Identity:
Robert Walker Macbeth was an etcher, watercolourist and painter of pastoral landscape and rustic genre. He was the son of the portrait painter Norman Macbeth.
Life:
Macbeth studied in London, where he worked for the Graphic. His realistic scenes of everyday life, painted in the countryside of Lincolnshire and Somerset, were influenced by the works of the landscape and pastoral painter George Hemming Mason and the genre painter and watercolourist Frederick Walker, and have been compared to the writings of Thomas Hardy. His The Cast Shoe was bought by the Chantrey Bequest in 1890.
Macbeth exhibited from 1871 at the Royal Academy, Royal Society of Portrait Painters, Grosvenor Gallery, New Gallery, Fine Art Society, Royal Society of Artists in Birmingham, Royal Scottish Academy, Glasgow Institute of the Fine Arts, Walker Art Gallery in Liverpool and Manchester City Art Gallery. Thomas Way writing to JW in 1880, described Macbeth's works, which were being exhibited at the Grosvenor Gallery, as 'a failure as usual' (#06082). However, Dowdeswell, who had included Macbeth's etchings with those of JW in an exhibition of miscellaneous etchings in the late 1870s, spoke favourably of Macbeth's work in the following decade (#08699).
In 1871 Macbeth was made an associate of the Royal Water Colour Society, although he was not made a full member until 1901. He became a member of the Royal Society of Painter-Etchers and Engravers in 1880, being made an honorary member in 1909. In 1882 he was elected to the membership of the Royal Institute of Painters in Water Colours and the following year of the Royal Institute of Oil Painters. In 1883 he was elected an associate of the Royal Academy, becoming a full member in 1903.

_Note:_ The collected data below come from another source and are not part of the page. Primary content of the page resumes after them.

-- ===== src/Acp/SessionList.antt =====
-- The pages of `session/list`: crates/hub/src/acp/session_list.rs. The agent is `fetch`: what it answers to a
-- call may depend on the number of the call. `serde_json` writes a page in chunks, of which the lengths count.
pub mod Ids
pub mod Laws
use acp_hub.Base.{
  ℕ, suc, ◌+◌, ◌*◌, Bool, true, false, not, ◌||◌, List, [], ◌∷◌, ◌++◌, Option, none, some, String,
  if◌then◌else◌, ltb, eqb, length, saturating_add, ◌==◌, string_eq,
}

pub record SessionListLimits : Type 0 where
  pub pages : ℕ
  pub sessions : ℕ
  pub cursor_bytes : ℕ
  pub serialized_bytes : ℕ

abbrev pub default_limits : SessionListLimits
default_limits = record {
  pages = 256;
  sessions = 20000;
  cursor_bytes = 8 * 1024;
  serialized_bytes = 64 * 1024 * 1024;
}

-- An answer of the agent: a page and the next cursor, or an error.
pub data Fetched (I E : Type 0) : Type 0 where
  fetched : List I → Option String → Fetched I E
  fetch_failed : E → Fetched I E

pub data ListError (E : Type 0) : Type 0 where
  agent_error : E → ListError E
  serialize_failed : ListError E
  serialized_bytes_limit : ℕ → ListError E
  sessions_limit : ℕ → ListError E
  cursor_bytes_limit : ℕ → ListError E
  pages_limit : ℕ → ListError E
  repeated_cursor : String → ListError E

pub data Listed (I E : Type 0) : Type 0 where
  listed : List I → Listed I E
  list_failed : ListError E → Listed I E

-- What `serde_json::to_writer` writes: the lengths of its chunks, and whether it ends without an error of
-- its own.
pub record Written : Type 0 where
  pub chunks : List ℕ
  pub complete : Bool

-- `CanonicalByteCounter::write`, over the chunks: the count, or none where the limit is exceeded.
unfoldable pub write_chunks : ℕ → ℕ → List ℕ → Option ℕ
write_chunks limit bytes [] = some bytes
write_chunks limit bytes (n ∷ ns) =
    let rest = write_chunks limit (saturating_add bytes n) ns in
    if ltb limit (saturating_add bytes n) then none else rest

-- `HashSet::contains`.
unfoldable pub contains : String → List String → Bool
contains id [] = false
contains id (j ∷ js) = j == id || contains id js

pub data Charged (E : Type 0) : Type 0 where
  charged : ℕ → Charged E
  charge_failed : ListError E → Charged E

-- `charge_session_page`.
unfoldable pub charge_session_page : {E : Type 0} → Written → ℕ → ℕ → Charged E
unfolding write_chunks
charge_session_page written bytes limit = elim (write_chunks limit bytes written.chunks) [
  | none ↦ charge_failed (serialized_bytes_limit limit)
  | some bytes' ↦ if written.complete then charged bytes' else charge_failed serialize_failed
]

module _ {I : Type 0} (session_id : I → String) where
  -- The sessions of a page whose ids were not seen, and the ids seen after it.
  unfoldable pub add_sessions : List I → List String → List I → List I × List String
  unfolding contains
  add_sessions sessions seen [] = (sessions, seen)
  add_sessions sessions seen (a ∷ page) =
      let known = add_sessions sessions seen page in
      let fresh = add_sessions (sessions ++ (a ∷ [])) (session_id a ∷ seen) page in
      if contains (session_id a) seen then known else fresh

module _ {I E : Type 0} (session_id : I → String) (octets : String → ℕ)
    (written : List I → Option String → Written) (fetch : ℕ → Option String → Fetched I E)
    (limits : SessionListLimits) where
  -- The loop, with the pages that are left and the index of the page.
  unfoldable pub collect_loop :
      ℕ → ℕ → Option String → List String → List String → ℕ → ℕ → List I → Listed I E
  unfolding charge_session_page add_sessions contains
  collect_loop ℕ.zero index cursor seen_cursors seen_sessions received bytes sessions =
      list_failed (pages_limit limits.pages)
  collect_loop (suc left) index cursor seen_cursors seen_sessions received bytes sessions =
      elim (fetch index cursor) [
        | fetch_failed e ↦ list_failed (agent_error e)
        | fetched page next_cursor ↦
            elim (charge_session_page {E = E} (written page next_cursor) bytes
              limits.serialized_bytes) [
                | charge_failed e ↦ list_failed e
                | charged bytes' ↦
                    if ltb limits.sessions (saturating_add received (length page))
                    then list_failed (sessions_limit limits.sessions)
                    else elim next_cursor [
                      | none ↦ listed (add_sessions session_id sessions seen_sessions page).0
                      | some next ↦
                          let more =
                            collect_loop left (index + 1) (some next) (next ∷ seen_cursors)
                              (add_sessions session_id sessions seen_sessions page).1
                              (saturating_add received (length page)) bytes'
                              (add_sessions session_id sessions seen_sessions page).0 in
                          if ltb limits.cursor_bytes (octets next)
                          then list_failed (cursor_bytes_limit limits.cursor_bytes)
                          else if contains next seen_cursors
                          then list_failed (repeated_cursor next)
                          else if eqb (index + 1) limits.pages
                          then list_failed (pages_limit limits.pages)
                          else more
                    ]
              ]
      ]

  -- `collect_session_pages_with_limits`.
  unfoldable pub collect_session_pages_with_limits : Listed I E
  unfolding collect_loop
  collect_session_pages_with_limits = collect_loop limits.pages 0 none [] [] 0 0 []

Like JW, Macbeth was also a member of The Arts Club from 1876 to 1906. In 1882 both Macbeth and JW signed a petition to The Arts Club committee requesting that, during the sitting of Parliament, Parliamentary and General Telegraphic dispatches should be sent to the Club (#13336). Macbeth appears to have shared the Tower House, 28 (46) Tite Street, with R. C. Woodville, G. D. Giles and JW. He was among those who attended a dinner organised by W. C. Symons to congratulate JW on being made an Honorary Member of the Royal Academy of Munich, a dinner which was to be held at the Criterion in Piccadilly on 1 May 1889 (#03666).
Bibliography:
Caw, J. L., Scottish Painting 1620-1908, London, 1908; Wood, Christopher, The Dictionary of Victorian Painters, Woodbridge, 1971; Johnson, J., and A. Gruetzner, The Dictionary of British Artists 1880-1940, Woodbridge, 1980; Walkley, Giles, Artists' houses in London 1764-1914, Aldershot, 1994.